Aquí entre las dos orillas, la poesía de Beatriz Saavedra consigue ver lo que no se ve, el misterio de los contornos, lo intangible de los cuerpos, el mito que acecha las palabras gastadas para renovarlas, mundos que se recrean en el zumo de un instante, que nacen y mueren con la precisión del sueño, el espejo invisible de la imagen.
La poesía de Cicuta de tiempo se acerca a la otra orilla para religar lo que había sido escindido, para arrojar luz sobre los espejos rotos. Por un instante lo diverso encuentra su unidad; una muerte simbólica nos libera en ese instante de nuestra prisión de piel.

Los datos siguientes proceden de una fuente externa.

-- ===== src/Semaphore/Users.antt =====
-- Several processes with one semaphore of src/Semaphore.c: each locks it, and gives it back with
-- Semaphore$unlock only when it holds it. Their system calls come in any order, so that others act
-- between the look and the give of an unlock.
use atomicles.Base.{
  ℕ, zero, suc, ◌+◌, ◌≤◌, ◌<◌, ◌≡◌, sym, ap, ◌∙◌, subst, Bool, some, List, arith, get_elem?, set,
}
use mathlib.Core.Option.{some_inj}
use atomicles.Base.Int.{ℤ, pos, minus_one}
use atomicles.Sys.{Kernel}
use atomicles.Sys.Run
use atomicles.Sys.Run.{Run, done, Returns, returns}
use atomicles.Sys.View.{View, SemSet, set_value}
use atomicles.Sys.Laws.{Laws, max_value}
use atomicles.Semaphore.{Semaphore, used, release, lock}
use atomicles.Semaphore.Locking.{
  IsTimeout, Holds, Holds-set_value, lock-take, lock-again, used_lem, release-give,
}
use atomicles.Semaphore.Places.{
  Place, outside, holding, looked, inside, inside-set, AllFit, AllFit-set, AllFit-get_elem?,
  AllFit-outside,
}

module _ {W : Type 0} ⦃k : Kernel W⦄ (laws : Laws k) (this : Semaphore) (i : ℕ) where
  open laws use {view}

  -- The world and the places of the processes.
  pub record State : Type 0 where
    pub world : W
    pub places : List Place

  -- A system call of one process. A lock is taken when a unit is free; without one it waits, or
  -- answers at once. Anything that leaves the set alone can happen in between.
  pub data Step : State → State → Type 0 where
    take :
        {w w' : W} {ps : List Place} (p v : ℕ) (s : SemSet) (e : ℤ) (persist : Bool) (timeout : ℤ)
        → IsTimeout timeout
        → get_elem? ps p ≡ some outside
        → Holds laws this i w s (suc v)
        → lock this i persist timeout w ≡ done e w'
        → Step
            (record { world = w; places = ps })
            (record { world = w'; places = set ps p holding })
    miss :
        {w w' : W} {ps : List Place} (s : SemSet) (e : ℤ) (persist : Bool)
        → Holds laws this i w s 0
        → lock this i persist minus_one w ≡ done e w'
        → Step (record { world = w; places = ps }) (record { world = w'; places = ps })
    look :
        {w w' : W} {ps : List Place} (p : ℕ) (seen : ℤ)
        → get_elem? ps p ≡ some holding
        → used this i w ≡ done seen w'
        → Step
            (record { world = w; places = ps })
            (record { world = w'; places = set ps p (looked seen) })
    give :
        {w w' : W} {ps : List Place} (p : ℕ) (seen e : ℤ) (persist : Bool)
        → get_elem? ps p ≡ some (looked seen)
        → release this i persist seen w ≡ done e w'
        → Step
            (record { world = w; places = ps })
            (record { world = w'; places = set ps p outside })
    elsewhere :
        {w w' : W} {ps : List Place}
        → (view w').sems this.id ≡ (view w).sems this.id
        → Step (record { world = w; places = ps }) (record { world = w'; places = ps })

  pub data Reach (start : State) : State → Type 0 where
    here : Reach start start
    after : {t u : State} → Reach start t → Step t u → Reach start u

  -- The free units and the processes that have one make up the size.
  record Shared (t : State) : Type 0 where
    s : SemSet
    v : ℕ
    held : Holds laws this i t.world s v
    sum : v + inside t.places ≡ this.size
    fit : AllFit this.size t.places

  Holds-unique :
      {w : W} {s s' : SemSet} {v v' : ℕ}
      → Holds laws this i w s v
      → Holds laws this i w s' v'
      → v ≡ v'
  Holds-unique {s} {s'} {v} h h' =
      let e : s ≡ s' = some_inj.0 (sym h.exists ∙ h'.exists) in
      some_inj.0 (sym h.value ∙ ap (λ (t : SemSet). get_elem? t.values i) e ∙ h'.value)

  Holds-same :
      {w w' : W} {s : SemSet} {v : ℕ}
      → (view w').sems this.id ≡ (view w).sems this.id
      → Holds laws this i w s v
      → Holds laws this i w' s v
  Holds-same same h = record { exists = same ∙ h.exists; value = h.value }

  Shared-step : {t u : State} → this.size ≤ max_value → Step t u → Shared t → Shared u
  Shared-step small (take p v s e persist timeout tries at free locked) shared =
      let (_, taken) = Run.Returns-at (lock-take laws persist timeout tries free) locked in
      let all : shared.v ≡ suc v = Holds-unique shared.held free in
      record {
        s = set_value s i v;
        v = v;
        held = Holds-set_value laws v free taken;
        sum = omega (arith, all, shared.sum, inside-set _ p holding at);
        fit = AllFit-set this.size _ p holding shared.fit tt;
      }
  Shared-step small (miss s e persist busy missed) shared =
      let (_, same) = Run.Returns-at (lock-again laws persist busy) missed in
      record {
        s = shared.s;
        v = shared.v;
        held = Holds-same (ap (λ (v : View). v.sems this.id) same) shared.held;
        sum = shared.sum;
        fit = shared.fit;
      }
  Shared-step small (look p seen at saw) shared =
      let (what, same) = Run.Returns-at (used_lem laws shared.held) saw in
      let moved = inside-set _ p (looked seen) at in
      record {
        s = shared.s;
        v = shared.v;
        held = Holds-same (ap (λ (v : View). v.sems this.id) same) shared.held;
        sum = omega (arith, shared.sum, moved);
        fit =
            AllFit-set this.size _ p (looked seen) shared.fit
              (shared.v, what, omega (arith, shared.sum, inside-set _ p outside at));
      }
  Shared-step small (give {w} {w'} p seen e persist at gave) shared =
      let (v, what, below) = AllFit-get_elem? this.size _ p shared.fit at in
      let moved = inside-set _ p outside at in
      let (_, given) =
        Run.Returns-at
          (release-give laws {this = this} {s = shared.s} persist v shared.held below
            (omega (arith, shared.sum, moved, small)))
          (subst (λ z. release this i persist z w ≡ done e w') what gave) in
      record {
        s = set_value shared.s i (suc shared.v);
        v = suc shared.v;
        held = Holds-set_value laws (suc shared.v) shared.held given;
        sum = omega (arith, shared.sum, moved);
        fit = AllFit-set this.size _ p outside shared.fit tt;
      }
  Shared-step small (elsewhere same) shared = record {
    s = shared.s;
    v = shared.v;
    held = Holds-same same shared.held;
    sum = shared.sum;
    fit = shared.fit;
  }

  Shared-reach : {t u : State} → this.size ≤ max_value → Shared t → Reach t u → Shared u
  Shared-reach small shared here = shared
  Shared-reach small shared (after reached step) =
      Shared-step small step (Shared-reach small shared reached)

  lock-free :
      (w : W) (s : SemSet) (v : ℕ) (persist : Bool) (timeout : ℤ)
      → IsTimeout timeout
      → Holds laws this i w s v
      → 0 < v
      → Returns (λ e _. e ≡ pos 0) (lock this i persist timeout w)
  lock-free w s zero persist timeout tries held positive = absurd (omega (arith, positive))
  lock-free w s (suc v) persist timeout tries held positive =
      Run.mono (lock-take laws persist timeout tries held) λ e w' (taken, _). taken

  -- Processes that give a semaphore back only when they hold it, whose system calls come in any order,
  -- where nobody else changes the set: from a start where all units are free, up to SEMVMX of them,
  -- and nobody holds one, in every state that is reached no more processes hold a unit than the size
  -- says. The unlock of a process that has looked answers 0, whatever the others did since it looked,
  -- and with a unit left a lock takes it at once and answers 0.
  pub inside-Reach :
      {t u : State} {s : SemSet}
      → this.size ≤ max_value
      → Holds laws this i t.world s this.size
      → inside t.places ≡ 0
      → Reach t u
      → (inside u.places ≤ this.size)
        × ((p : ℕ) (seen : ℤ) (persist : Bool)
            → get_elem? u.places p ≡ some (looked seen)
            → Returns (λ e _. e ≡ pos 0) (release this i persist seen u.world))
        × ((persist : Bool) (timeout : ℤ)
            → IsTimeout timeout
            → inside u.places < this.size
            → Returns (λ e _. e ≡ pos 0) (lock this i persist timeout u.world))
  inside-Reach {t} {u} {s} small free nobody reached =
      let first : Shared t = record {
        s = s;
        v = this.size;
        held = free;
        sum = omega (arith, nobody);
        fit = AllFit-outside this.size t.places nobody;
      } in
      let shared : Shared u = Shared-reach small first reached in
      (
        omega (arith, shared.sum),
        (λ p seen persist at.
            let (v, what, below) = AllFit-get_elem? this.size u.places p shared.fit at in
            rw what (
              Run.mono
                (release-give laws {this = this} {s = shared.s} persist v shared.held below
                  (omega (arith, shared.sum, small, inside-set u.places p outside at)))
                λ e w' (zero_, _). zero_)),
        (λ persist timeout tries room.
            lock-free u.world shared.s shared.v persist timeout tries shared.held
              (omega (arith, shared.sum, room))),
      )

“Sé que estoy viviendo aquí mi muerte,” nos dice un verso de Beatriz en su vertiente mística, porque mientras vivimos, inevitablemente vamos muriendo, y la poesía de Beatriz nos transporta a ese último instante que seremos, toda nuestra vida es solamente el último instante. “La última puerta / entona esa letanía” rezan dos versos de Beatriz, el poema también es oración que nos revela el último silencio.
Podríamos terminar con tres versos de Beatriz: “El dibujo sutil / de mi humana forma / con la última muerte.”